IV. Final Disposition

According to the Supreme Court, the respondent's car may be inspected after his
arrest for a suspended license only if the court considers the arrestee may have had access
to it at the time of his arrest or the vehicle includes evidence of the offense for which he
was being detained. The Court reasoned that "warrantless searches are per se irrational"
and susceptible only to a few, extremely restricted exceptions, with Justice John Paul
Stevens writing for the majority and supported by Justices Antonin G. Scalia, David H.
Souter, Clarence Thomas, and Ruth Bader Ginsburg. Mr. Gant was arrested for driving with
a suspended license in this case, thus the narrow exclusions did not apply.
Justice Scalia concurred in a separate letter. Chief Justice John G. Roberts, Justice
Anthony M. Kennedy, and Justice Stephen G. Breyer joined Justice Samuel A. Alito in
dissension. He contended that the majority erred in overturning its precedent in New York
v. Belton, which said that "where a police officer has conducted a legitimate arrest... he may
search the passenger compartment of the car as a concurrent consequence of that arrest."

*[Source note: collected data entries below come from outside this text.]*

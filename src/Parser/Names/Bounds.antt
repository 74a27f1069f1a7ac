-- ===== src/Parser/Names/Bounds.antt =====
-- The custom sections stay inside their bounds, and fail by an exception only.
use eos_vm.Prelude.{ℕ, ◌-◌, ◌^◌, ◌&&◌, ◌==◌}
use eos_vm.GuardedPtr.{Read}
use eos_vm.GuardedPtr.Ensures.{
  Ensures, Ensures-bind, Ensures-pure, Ensures-throw, Ensures-if, Ensures-weaken, get-Ensures,
  peek-Ensures, increment-Ensures, advance-Ensures, scoped_consume_items-Ensures,
}
use eos_vm.Leb128.Values.{parse_varuint32-Ensures}
use eos_vm.Options.{Options}
use eos_vm.Types.{bytes_equal}
use eos_vm.Parser.Primitives.Bounds.{parse_utf8_string-Ensures}
use eos_vm.Parser.Entries.Bounds.{read_elems-Ensures}
use eos_vm.Parser.Names.{
  parse_name, parse_name_assoc, parse_name_map, parse_local_names, parse_indirect_name_map,
  at_bounds, subsection, unless_at_bounds, parse_name_section, parse_custom, name_bytes,
}

-- A read that is inside its bounds, whatever it returns.
abbrev Safe : {A : Type 0} → Read A → Type 0
Safe m = Ensures (λ _. Unit {0}) m

parse_name-Ensures : Safe parse_name
parse_name-Ensures = Ensures-weaken (parse_utf8_string-Ensures (2 ^ 32 - 1)) λ _ _. tt

parse_name_map-Ensures : Safe parse_name_map
unfolding parse_name_map parse_name_assoc
parse_name_map-Ensures = Ensures-bind parse_varuint32-Ensures λ size _.
    Ensures-weaken
      (read_elems-Ensures {Q = λ _. Unit {0}} size 0 _ λ i.
        Ensures-bind parse_varuint32-Ensures
          λ idx _. Ensures-bind parse_name-Ensures λ name _. Ensures-pure _ tt)
      λ _ _. tt

parse_indirect_name_map-Ensures : Safe parse_indirect_name_map
unfolding parse_indirect_name_map parse_local_names
parse_indirect_name_map-Ensures = Ensures-bind parse_varuint32-Ensures λ size _.
    Ensures-weaken
      (read_elems-Ensures {Q = λ _. Unit {0}} size 0 _ λ i.
        Ensures-bind parse_varuint32-Ensures
          λ idx _. Ensures-bind parse_name_map-Ensures λ names _. Ensures-pure _ tt)
      λ _ _. tt

subsection-Ensures : {A : Type 0} {body : Read A} (id : ℕ) → Safe body → Safe (subsection id body)
unfolding subsection
subsection-Ensures id p = Ensures-bind peek-Ensures λ next_id _.
    Ensures-if (next_id == id)
      (λ _. Ensures-bind increment-Ensures λ _ _.
        Ensures-bind parse_varuint32-Ensures
          λ len _. Ensures-bind (scoped_consume_items-Ensures len p) λ a _. Ensures-pure _ tt)
      λ _. Ensures-pure _ tt

unless_at_bounds-Ensures : {A : Type 0} {m : Read A} (a : A) → Safe m → Safe (unless_at_bounds a m)
unfolding unless_at_bounds at_bounds
unless_at_bounds-Ensures a p =
    Ensures-bind {Q = λ _. Unit {0}} (Ensures-bind get-Ensures λ c _. Ensures-pure _ tt)
      λ done _. Ensures-if done (λ _. Ensures-pure a tt) λ _. p

parse_name_section-Ensures : Safe parse_name_section
unfolding parse_name_section
parse_name_section-Ensures = unless_at_bounds-Ensures _ (
    Ensures-bind (subsection-Ensures 0 parse_name-Ensures) λ module_name _.
      unless_at_bounds-Ensures _ (
        Ensures-bind (subsection-Ensures 1 parse_name_map-Ensures) λ function_names _.
          unless_at_bounds-Ensures _ (
            Ensures-bind (subsection-Ensures 2 parse_indirect_name_map-Ensures)
              λ local_names _. unless_at_bounds-Ensures _ (Ensures-throw _ tt))))

-- From a valid pointer a custom section is read inside its bounds, or throws an exception.
pub parse_custom-Ensures : (options : Options) → Ensures (λ _. Unit {0}) (parse_custom options)
unfolding parse_custom
parse_custom-Ensures options = Ensures-bind parse_name-Ensures λ name _.
    Ensures-if (options.parse_custom_section_name && bytes_equal name name_bytes)
      (λ _. Ensures-bind parse_name_section-Ensures λ names _. Ensures-pure _ tt)
      λ _. Ensures-bind get-Ensures λ c _. Ensures-bind (advance-Ensures _) λ _ _. Ensures-pure _ tt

In a separate dissenting opinion, Justice Stephen G. Breyer expressed his disappointment
that the court was unable to develop a new controlling rule. Justice Scalia's "reasonable to
believe" phrase probably relates to probable cause rather than a new threshold between
probable cause and reasonable suspicion. Because adopting additional and "subtle
linguistic graduations may confuse rather than illuminate the meaning" of the
"constitutional requirement of reasonableness," this Court has correctly rejected the
invitation to develop such a "third verbal norm."
The Supreme Court recently confirmed Belton's bright-line rule in Thornton v.

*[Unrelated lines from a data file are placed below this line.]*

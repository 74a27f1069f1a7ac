-- ===== src/Parser/Segments.antt =====
-- parser.hpp: the entries of the element and data sections.
pub mod Bounds
use eos_vm.Prelude.{
  ℕ, zero, suc, ◌+◌, ◌-◌, ◌*◌, ◌%◌, ◌^◌, List, [], ◌∷◌, Bool, true, false, not, ◌&&◌, ◌||◌, bit_and,
  Option, some, none, ltb, leb, ◌==◌, if◌then◌else◌, length, get_elem?,
}
use eos_vm.Prelude.Result.{or_throw, out_of_range, wasm_parse_exception}
use eos_vm.GuardedPtr.{
  Read, ◌>>=◌, ◌>>◌, pure, throw, check, lift, peek, next, increment, advance, scoped_shrink_bounds,
}
use eos_vm.Leb128.{parse_varuint32}
use eos_vm.Options.{Options}
use eos_vm.Types.{
  InitExpr, TableEntry, TableType, ElemMode, active, passive, declarative, ElemSegment, DataSegment,
  Module, get_functions_total,
}
use eos_vm.Types.Ty
use eos_vm.Parser.Primitives.{raw_bytes}
use eos_vm.Parser.Entries.{read_elems, parse_init_expr, i32_const, end_op}

-- Opcodes of include/eosio/vm/opcodes_def.hpp in element expressions.
module _ where
  abbrev pub ref_null : ℕ
  ref_null = 0xD0

  abbrev pub ref_func : ℕ
  ref_func = 0xD2

-- parse_elem_expr(code, te)
unfoldable pub parse_elem_expr : Module → List ℕ → Read TableEntry
parse_elem_expr mod' fast_functions =
    let null_entry = (do
      t ← peek
      check (t == Ty.anyfunc) wasm_parse_exception
      increment
      pure (record { type = 2 ^ 32 - 1; index = 2 ^ 32 - 1 })) in
    let func_entry = (do
      index ← parse_varuint32
      check (ltb index (get_functions_total mod')) wasm_parse_exception
      type ← lift (or_throw (get_elem? fast_functions index) out_of_range)
      pure (record { type = type; index = index })) in
    do
      opcode ← next
      te ←
          (if opcode == ref_null
            then null_entry
            else if opcode == ref_func
            then func_entry
            else throw wasm_parse_exception)
      last ← next
      check (last == end_op) wasm_parse_exception
      pure te

-- One entry of an element segment that lists function indices.
unfoldable pub parse_elem_index : Module → List ℕ → Read TableEntry
parse_elem_index mod' fast_functions = do
  index ← parse_varuint32
  type ← lift (or_throw (get_elem? fast_functions index) out_of_range)
  check (ltb index (get_functions_total mod')) wasm_parse_exception
  pure (record { type = type; index = index })

-- The kind or type byte of an element segment, by its flags.
unfoldable pub parse_elem_kind : ℕ → Read (Unit {0})
parse_elem_kind flags =
    let kind = (do elemkind ← next; check (elemkind == 0x0) wasm_parse_exception) in
    let reftype = (do t ← next; check (t == Ty.anyfunc) wasm_parse_exception) in
    if flags == 1 || (flags == 2 || flags == 3)
    then kind
    else if flags == 5 || (flags == 6 || flags == 7)
    then reftype
    else pure tt

-- The offset of an element segment, its mode, and whether its table holds functions: of an active
-- segment the table must be there.
unfoldable pub parse_elem_mode : Options → Module → ℕ → ℕ → Read (InitExpr × ElemMode × Bool)
parse_elem_mode options mod' flags index =
    let in_table = (do
      offset ← parse_init_expr options Ty.i32
      check (ltb index (length mod'.tables)) wasm_parse_exception
      tt' ← lift (or_throw (get_elem? mod'.tables index) out_of_range)
      pure (offset, active, tt'.element_type == Ty.anyfunc)) in
    let no_offset : InitExpr = record { opcode = 0; value = 0 } in
    if bit_and flags 1 == 0
    then in_table
    else pure (no_offset, (if bit_and flags 2 == 0 then passive else declarative), true)

-- parse_elem_segment(code, es). The two assertions on the flags read the field `index` of the fresh
-- segment, which is 0.
unfoldable pub parse_elem_segment : Options → Module → List ℕ → Read ElemSegment
parse_elem_segment options mod' fast_functions =
    let fresh_index : ℕ = 0 in
    do
      flags ← parse_varuint32
      check (fresh_index == 0 || options.enable_bulk_memory) wasm_parse_exception
      check (leb fresh_index 7) wasm_parse_exception
      index ← (if flags == 2 || flags == 6 then parse_varuint32 else pure 0)
      (offset, mode, holds_functions) ← parse_elem_mode options mod' flags index
      parse_elem_kind flags
      check holds_functions wasm_parse_exception
      size ← parse_varuint32
      check (leb size options.max_element_segment_elements) wasm_parse_exception
      elems ←
          (if bit_and flags 4 == 0
            then read_elems size 0 (λ _. parse_elem_index mod' fast_functions)
            else read_elems size 0 (λ _. parse_elem_expr mod' fast_functions))
      pure (record { index = index; offset = offset; mode = mode; elems = elems })

-- The index, the offset and the mode of a data segment.
unfoldable pub parse_data_mode : Options → Module → Read (ℕ × InitExpr × Bool)
parse_data_mode options mod' =
    let active_0 : ℕ → Read (ℕ × InitExpr × Bool) = λ flag. (do
      offset ← parse_init_expr options Ty.i32
      check (not (length mod'.memories == 0)) wasm_parse_exception
      pure (flag, offset, false)) in
    let active_n = (do
      index ← parse_varuint32
      offset ← parse_init_expr options Ty.i32
      check (ltb index (length mod'.memories)) wasm_parse_exception
      pure (index, offset, false)) in
    let no_offset : InitExpr = record { opcode = i32_const; value = 0 } in
    do
      flag ← parse_varuint32
      (if flag == 0 || not options.enable_bulk_memory
          then active_0 flag
          else if flag == 1
          then pure (1, no_offset, true)
          else if flag == 2
          then active_n
          else throw wasm_parse_exception)

-- parse_data_segment(code, ds)
unfoldable pub parse_data_segment : Options → Module → Read DataSegment
parse_data_segment options mod' = do
  (index, offset, passive') ← parse_data_mode options mod'
  len ← parse_varuint32
  check (leb len options.max_data_segment_bytes) wasm_parse_exception
  check (leb (offset.value % 2 ^ 32 + len) options.max_linear_memory_init) wasm_parse_exception
  scoped_shrink_bounds len (do
    contents ← raw_bytes len 0
    advance len
    pure (record { index = index; offset = offset; passive = passive'; contents = contents }))
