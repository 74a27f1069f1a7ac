-- ===== src/Parser/Sections.antt =====
-- parser.hpp: parse_section of every section but the code section.
pub mod Order
pub mod Bounds
use eos_vm.Prelude.{
  ℕ, zero, suc, ◌+◌, List, [], ◌∷◌, Option, none, some, ◌&&◌, leb, ◌==◌, length, true, Bool,
}
use eos_vm.Prelude.Result.{wasm_parse_exception}
use eos_vm.GuardedPtr.{Read, ◌>>=◌, ◌>>◌, pure, check, lift}
use eos_vm.Leb128.{parse_varuint32}
use eos_vm.Options.{Options}
use eos_vm.Types.{
  FuncType, ImportEntry, TableType, MemoryType, GlobalVariable, ExportEntry, ElemSegment,
  DataSegment, Module, get_function_type,
}
use eos_vm.Parser.Entries.{
  read_elems, parse_func_type, parse_import_entry, parse_table_type, parse_memory_type,
  parse_global_variable, parse_export_entry,
}
use eos_vm.Parser.Segments.{parse_elem_segment, parse_data_segment}

-- parse_section_impl(code, elems, max_elements, elem_parse)
unfoldable pub parse_section_impl : {A : Type 0} → ℕ → (ℕ → Read A) → Read (List A)
parse_section_impl max_elements elem_parse = do
  count ← parse_varuint32
  check (leb count max_elements) wasm_parse_exception
  read_elems count 0 elem_parse

unfoldable pub type_section : Options → Read (List FuncType)
type_section options =
    parse_section_impl options.max_type_section_elements (λ idx. parse_func_type options)

unfoldable pub import_section : Options → Module → Read (List ImportEntry)
import_section options mod' =
    parse_section_impl options.max_import_section_elements (λ idx. parse_import_entry options mod')

unfoldable pub function_section : Options → Read (List ℕ)
function_section options =
    parse_section_impl options.max_function_section_elements (λ idx. parse_varuint32)

unfoldable pub table_section : Options → Read (List TableType)
table_section options = parse_section_impl 1 (λ idx. parse_table_type options)

unfoldable pub memory_section : Options → Read (List MemoryType)
memory_section options =
    parse_section_impl 1
      (λ idx. (do check (idx == 0) wasm_parse_exception; parse_memory_type options))

-- The globals, with the counter of _globals_checker.
unfoldable pub read_globals : Options → ℕ → ℕ → Read (List GlobalVariable × ℕ)
read_globals options zero total = pure ([], total)
read_globals options (suc count) total = do
  (g, total') ← parse_global_variable options total
  (gs, total'') ← read_globals options count total'
  pure (g ∷ gs, total'')

unfoldable pub global_section : Options → ℕ → Read (List GlobalVariable × ℕ)
global_section options total = do
  count ← parse_varuint32
  check (leb count options.max_global_section_elements) wasm_parse_exception
  read_globals options count total

unfoldable pub export_section : Options → Module → Read (List ExportEntry)
export_section options mod' =
    parse_section_impl options.max_export_section_elements (λ idx. parse_export_entry options mod')

unfoldable pub start_section : Module → Read ℕ
start_section mod' = do
  start ← parse_varuint32
  ft ← lift (get_function_type mod' start)
  check (ft.return_count == 0 && length ft.param_types == 0) wasm_parse_exception
  pure start

unfoldable pub element_section : Options → Module → List ℕ → Read (List ElemSegment)
element_section options mod' type_aliases =
    parse_section_impl options.max_element_section_elements
      (λ idx. parse_elem_segment options mod' type_aliases)

abbrev pub has_count : Option ℕ → ℕ → Bool
has_count none size = true
has_count (some n) size = n == size

unfoldable pub data_section : Options → Module → Option ℕ → Read (List DataSegment)
data_section options mod' datacount = do
  elems ←
      parse_section_impl options.max_data_section_elements (λ idx. parse_data_segment options mod')
  check (has_count datacount (length elems)) wasm_parse_exception
  pure elems

unfoldable pub data_count_section : Read (Option ℕ)
data_count_section = do n ← parse_varuint32; pure (some n)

United States, 541 U.S. 615 (2004), in a factual setting that substantially parallels the
current case. The officer in Thornton approached Thornton shortly after he exited his car,
saw a bulge in Thornton's pocket, and inquired if he was carrying drugs. Thornton
admitted to being a drug dealer and withdrew marijuana and crack cocaine from his
pockets. Ibid. The officer handcuffed him and placed him in a police car, after which he
searched Thornton's vehicle and discovered a handgun.

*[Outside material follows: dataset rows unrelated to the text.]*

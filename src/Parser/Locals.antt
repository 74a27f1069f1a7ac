-- ===== src/Parser/Locals.antt =====
-- parser.hpp: local_types_t, the types of a function's parameters and locals by their index.
pub mod Lookup
use eos_vm.Prelude.{
  ℕ, suc, ◌+◌, ◌-◌, ◌^◌, List, [], ◌∷◌, ltb, leb, ◌==◌, length, get_elem?, if◌then◌else◌,
}
use eos_vm.Prelude.Result.{
  Result, ok, err, ◌>>=◌, ◌>>◌, eos_vm_assert, or_throw, undefined, wasm_parse_exception,
}
use eos_vm.Types.{FuncType, LocalEntry}

pub record LocalTypes : Type 0 where
  pub params : List ℕ
  pub locals : List LocalEntry
  pub boundaries : List ℕ

-- The loop of the constructor: the boundaries behind `count`.
unfoldable pub next_boundaries : ℕ → List LocalEntry → Result (List ℕ)
next_boundaries count [] = ok []
next_boundaries count (l ∷ ls) = do
  eos_vm_assert (leb count (2 ^ 32 - 1 - l.count)) wasm_parse_exception
  rest ← next_boundaries (count + l.count) ls
  ok ((count + l.count) ∷ rest)

-- local_types_t(ft, locals_arg)
unfoldable pub local_types : FuncType → List LocalEntry → Result LocalTypes
local_types ft locals_arg = do
  rest ← next_boundaries (length ft.param_types) locals_arg
  ok (record {
    params = ft.param_types;
    locals = locals_arg;
    boundaries = length ft.param_types ∷ rest;
  })

-- _boundaries.back()
unfoldable pub last_boundary : List ℕ → ℕ
last_boundary [] = 0
last_boundary (b ∷ []) = b
last_boundary (b ∷ (c ∷ bs)) = last_boundary (c ∷ bs)

-- std::upper_bound, the position of the first boundary above the index
unfoldable pub upper_bound : List ℕ → ℕ → ℕ
upper_bound [] i = 0
upper_bound (b ∷ bs) i = let rest = upper_bound bs i in if ltb i b then 0 else suc rest

-- operator[](local_idx)
unfoldable pub type_at : LocalTypes → ℕ → Result ℕ
type_at t local_idx = do
  eos_vm_assert (ltb local_idx (last_boundary t.boundaries)) wasm_parse_exception
  let pos = upper_bound t.boundaries local_idx
  if pos == 0
      then or_throw (get_elem? t.params local_idx) undefined
      else (do l ← or_throw (get_elem? t.locals (pos - 1)) undefined; ok l.type)

-- locals_count()
abbrev pub locals_count : LocalTypes → ℕ
locals_count t = last_boundary t.boundaries - length t.params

Further, Justice Stevens argues that officers inspected the respondent’s car after he
was detained and locked in the back of a patrol cruiser for driving with a suspended
license. Cocaine was discovered in the backseat pocket of a blazer. The Arizona Supreme
Court concluded that the search-incident-to-arrest exemption to the Fourth Amendment's
warrant requirement did not apply since Gant could not have reached his car to collect
weapons or evidence at the time of the search, as defined in Chimel v. California, 395 U. S.
752 (1969) , and applied to vehicle searches in New York v. Belton, 453 U. S. 454 (1981) ,
did not justify the search in this case.
References:
Arizona v. Gant - Amicus (Merits). (2014, October 22). OSG | Department of Justice.
https://www.justice.gov/osg/brief/arizona-v-gant-amicus-merits
Arizona v. Gant, 556 U.S. 332 (2009). (2009). Justia Law.